- _Records provided_:
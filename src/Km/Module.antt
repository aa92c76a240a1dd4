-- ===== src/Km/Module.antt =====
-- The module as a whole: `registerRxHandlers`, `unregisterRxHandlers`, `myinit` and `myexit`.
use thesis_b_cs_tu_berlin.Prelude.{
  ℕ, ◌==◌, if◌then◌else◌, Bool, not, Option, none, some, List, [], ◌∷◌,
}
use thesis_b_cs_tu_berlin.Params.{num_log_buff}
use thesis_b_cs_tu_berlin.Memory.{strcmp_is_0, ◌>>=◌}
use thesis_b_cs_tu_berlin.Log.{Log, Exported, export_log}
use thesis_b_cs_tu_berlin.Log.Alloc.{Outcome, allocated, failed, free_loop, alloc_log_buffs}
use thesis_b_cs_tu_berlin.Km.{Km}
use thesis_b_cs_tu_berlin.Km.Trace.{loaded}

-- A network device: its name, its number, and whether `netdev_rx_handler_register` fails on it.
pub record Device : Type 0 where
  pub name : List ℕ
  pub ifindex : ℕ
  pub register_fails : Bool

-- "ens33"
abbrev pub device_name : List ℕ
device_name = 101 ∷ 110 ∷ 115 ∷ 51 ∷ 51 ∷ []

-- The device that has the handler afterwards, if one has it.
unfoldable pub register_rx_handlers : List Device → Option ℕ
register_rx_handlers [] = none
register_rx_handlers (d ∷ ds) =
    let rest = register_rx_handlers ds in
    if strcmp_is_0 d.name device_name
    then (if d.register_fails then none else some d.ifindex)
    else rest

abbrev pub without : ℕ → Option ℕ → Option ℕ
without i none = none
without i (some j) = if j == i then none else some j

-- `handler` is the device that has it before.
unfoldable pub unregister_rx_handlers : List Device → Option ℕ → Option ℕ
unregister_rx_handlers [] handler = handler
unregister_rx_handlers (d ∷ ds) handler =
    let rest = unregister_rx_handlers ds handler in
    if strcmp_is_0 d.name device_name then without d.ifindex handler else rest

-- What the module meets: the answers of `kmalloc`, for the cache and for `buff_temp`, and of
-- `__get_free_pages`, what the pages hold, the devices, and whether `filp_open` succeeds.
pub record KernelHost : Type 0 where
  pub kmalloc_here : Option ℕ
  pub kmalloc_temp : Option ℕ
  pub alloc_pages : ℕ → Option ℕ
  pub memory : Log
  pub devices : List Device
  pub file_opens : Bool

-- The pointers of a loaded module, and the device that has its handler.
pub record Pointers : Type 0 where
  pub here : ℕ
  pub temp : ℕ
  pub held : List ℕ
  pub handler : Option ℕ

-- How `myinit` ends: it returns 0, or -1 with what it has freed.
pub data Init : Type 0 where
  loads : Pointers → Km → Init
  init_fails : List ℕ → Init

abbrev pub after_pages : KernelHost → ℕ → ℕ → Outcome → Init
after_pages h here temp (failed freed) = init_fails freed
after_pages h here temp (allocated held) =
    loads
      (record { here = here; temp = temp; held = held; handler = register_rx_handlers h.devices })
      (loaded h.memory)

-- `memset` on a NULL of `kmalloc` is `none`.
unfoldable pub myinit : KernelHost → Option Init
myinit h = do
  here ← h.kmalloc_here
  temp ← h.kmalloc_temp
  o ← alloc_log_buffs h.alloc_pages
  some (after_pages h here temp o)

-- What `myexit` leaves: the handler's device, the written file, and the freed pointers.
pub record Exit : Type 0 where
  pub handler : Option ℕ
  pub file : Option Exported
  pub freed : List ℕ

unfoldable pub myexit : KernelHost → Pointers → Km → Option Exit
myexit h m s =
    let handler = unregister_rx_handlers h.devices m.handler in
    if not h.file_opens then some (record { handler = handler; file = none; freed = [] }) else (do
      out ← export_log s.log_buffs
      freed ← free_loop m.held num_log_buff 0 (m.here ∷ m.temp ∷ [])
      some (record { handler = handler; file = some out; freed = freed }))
--
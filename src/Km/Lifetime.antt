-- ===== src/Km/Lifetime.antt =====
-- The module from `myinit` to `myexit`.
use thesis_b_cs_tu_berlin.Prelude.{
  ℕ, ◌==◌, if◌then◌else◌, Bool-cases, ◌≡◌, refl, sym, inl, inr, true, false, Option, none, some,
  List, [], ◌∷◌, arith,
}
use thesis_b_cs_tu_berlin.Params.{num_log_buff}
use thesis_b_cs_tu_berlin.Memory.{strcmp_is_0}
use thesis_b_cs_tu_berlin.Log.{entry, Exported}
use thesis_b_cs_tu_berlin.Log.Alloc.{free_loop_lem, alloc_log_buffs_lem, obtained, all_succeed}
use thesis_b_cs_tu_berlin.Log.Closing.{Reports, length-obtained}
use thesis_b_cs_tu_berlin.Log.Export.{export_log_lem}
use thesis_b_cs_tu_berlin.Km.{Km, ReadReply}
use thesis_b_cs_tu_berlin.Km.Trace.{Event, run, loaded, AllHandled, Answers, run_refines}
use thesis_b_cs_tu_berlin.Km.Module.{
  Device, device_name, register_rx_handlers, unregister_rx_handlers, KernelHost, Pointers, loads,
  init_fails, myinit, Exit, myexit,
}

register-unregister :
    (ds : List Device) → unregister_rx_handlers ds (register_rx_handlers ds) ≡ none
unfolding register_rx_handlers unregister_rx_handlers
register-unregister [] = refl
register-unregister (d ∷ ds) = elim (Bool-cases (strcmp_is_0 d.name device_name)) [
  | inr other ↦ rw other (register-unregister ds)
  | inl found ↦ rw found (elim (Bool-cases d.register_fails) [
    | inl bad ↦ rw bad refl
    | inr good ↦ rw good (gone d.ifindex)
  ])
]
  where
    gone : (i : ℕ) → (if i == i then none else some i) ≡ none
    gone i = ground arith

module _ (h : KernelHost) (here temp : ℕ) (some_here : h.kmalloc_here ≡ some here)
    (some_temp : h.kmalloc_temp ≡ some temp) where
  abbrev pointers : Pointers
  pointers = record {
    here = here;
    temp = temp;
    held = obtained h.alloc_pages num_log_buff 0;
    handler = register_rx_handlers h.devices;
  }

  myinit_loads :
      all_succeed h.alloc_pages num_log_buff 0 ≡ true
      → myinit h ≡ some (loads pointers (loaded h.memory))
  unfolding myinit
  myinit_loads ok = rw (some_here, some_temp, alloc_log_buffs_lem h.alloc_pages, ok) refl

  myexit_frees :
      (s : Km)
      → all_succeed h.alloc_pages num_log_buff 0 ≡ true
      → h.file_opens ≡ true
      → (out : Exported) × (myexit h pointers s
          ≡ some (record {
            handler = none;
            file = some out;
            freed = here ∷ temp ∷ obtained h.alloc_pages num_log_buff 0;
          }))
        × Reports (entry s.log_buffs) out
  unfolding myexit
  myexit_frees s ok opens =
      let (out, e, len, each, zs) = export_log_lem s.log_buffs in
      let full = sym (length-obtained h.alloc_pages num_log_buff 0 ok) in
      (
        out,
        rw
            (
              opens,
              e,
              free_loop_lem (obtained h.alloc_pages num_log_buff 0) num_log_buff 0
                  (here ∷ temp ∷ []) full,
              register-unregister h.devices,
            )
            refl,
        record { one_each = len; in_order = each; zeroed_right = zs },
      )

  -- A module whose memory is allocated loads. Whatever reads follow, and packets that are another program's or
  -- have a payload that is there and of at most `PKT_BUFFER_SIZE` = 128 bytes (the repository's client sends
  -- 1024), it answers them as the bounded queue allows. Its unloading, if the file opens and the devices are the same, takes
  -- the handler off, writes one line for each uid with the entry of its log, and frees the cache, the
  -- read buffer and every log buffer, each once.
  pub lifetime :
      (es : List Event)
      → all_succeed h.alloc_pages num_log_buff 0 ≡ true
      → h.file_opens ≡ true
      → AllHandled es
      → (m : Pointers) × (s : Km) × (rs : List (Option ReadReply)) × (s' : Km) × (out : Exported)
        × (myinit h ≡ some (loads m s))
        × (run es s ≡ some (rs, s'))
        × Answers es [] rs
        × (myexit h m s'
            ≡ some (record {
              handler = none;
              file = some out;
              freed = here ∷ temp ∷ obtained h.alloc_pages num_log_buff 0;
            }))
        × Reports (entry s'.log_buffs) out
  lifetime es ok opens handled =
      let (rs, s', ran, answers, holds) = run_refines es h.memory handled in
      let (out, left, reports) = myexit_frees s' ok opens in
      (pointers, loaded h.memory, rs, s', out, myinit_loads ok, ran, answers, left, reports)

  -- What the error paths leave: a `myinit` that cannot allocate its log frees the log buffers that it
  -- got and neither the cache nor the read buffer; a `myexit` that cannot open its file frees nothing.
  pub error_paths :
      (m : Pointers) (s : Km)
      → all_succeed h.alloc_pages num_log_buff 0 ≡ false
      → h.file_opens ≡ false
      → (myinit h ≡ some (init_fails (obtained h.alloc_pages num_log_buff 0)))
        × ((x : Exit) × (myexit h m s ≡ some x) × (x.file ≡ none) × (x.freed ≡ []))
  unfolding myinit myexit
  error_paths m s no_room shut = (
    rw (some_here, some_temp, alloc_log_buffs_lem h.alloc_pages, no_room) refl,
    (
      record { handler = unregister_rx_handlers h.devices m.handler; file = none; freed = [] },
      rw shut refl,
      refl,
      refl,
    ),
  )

- _Task directions_: If a line of the records above includes the word "Event", count it; state the final number with no other words.

- _Exercise response_: 2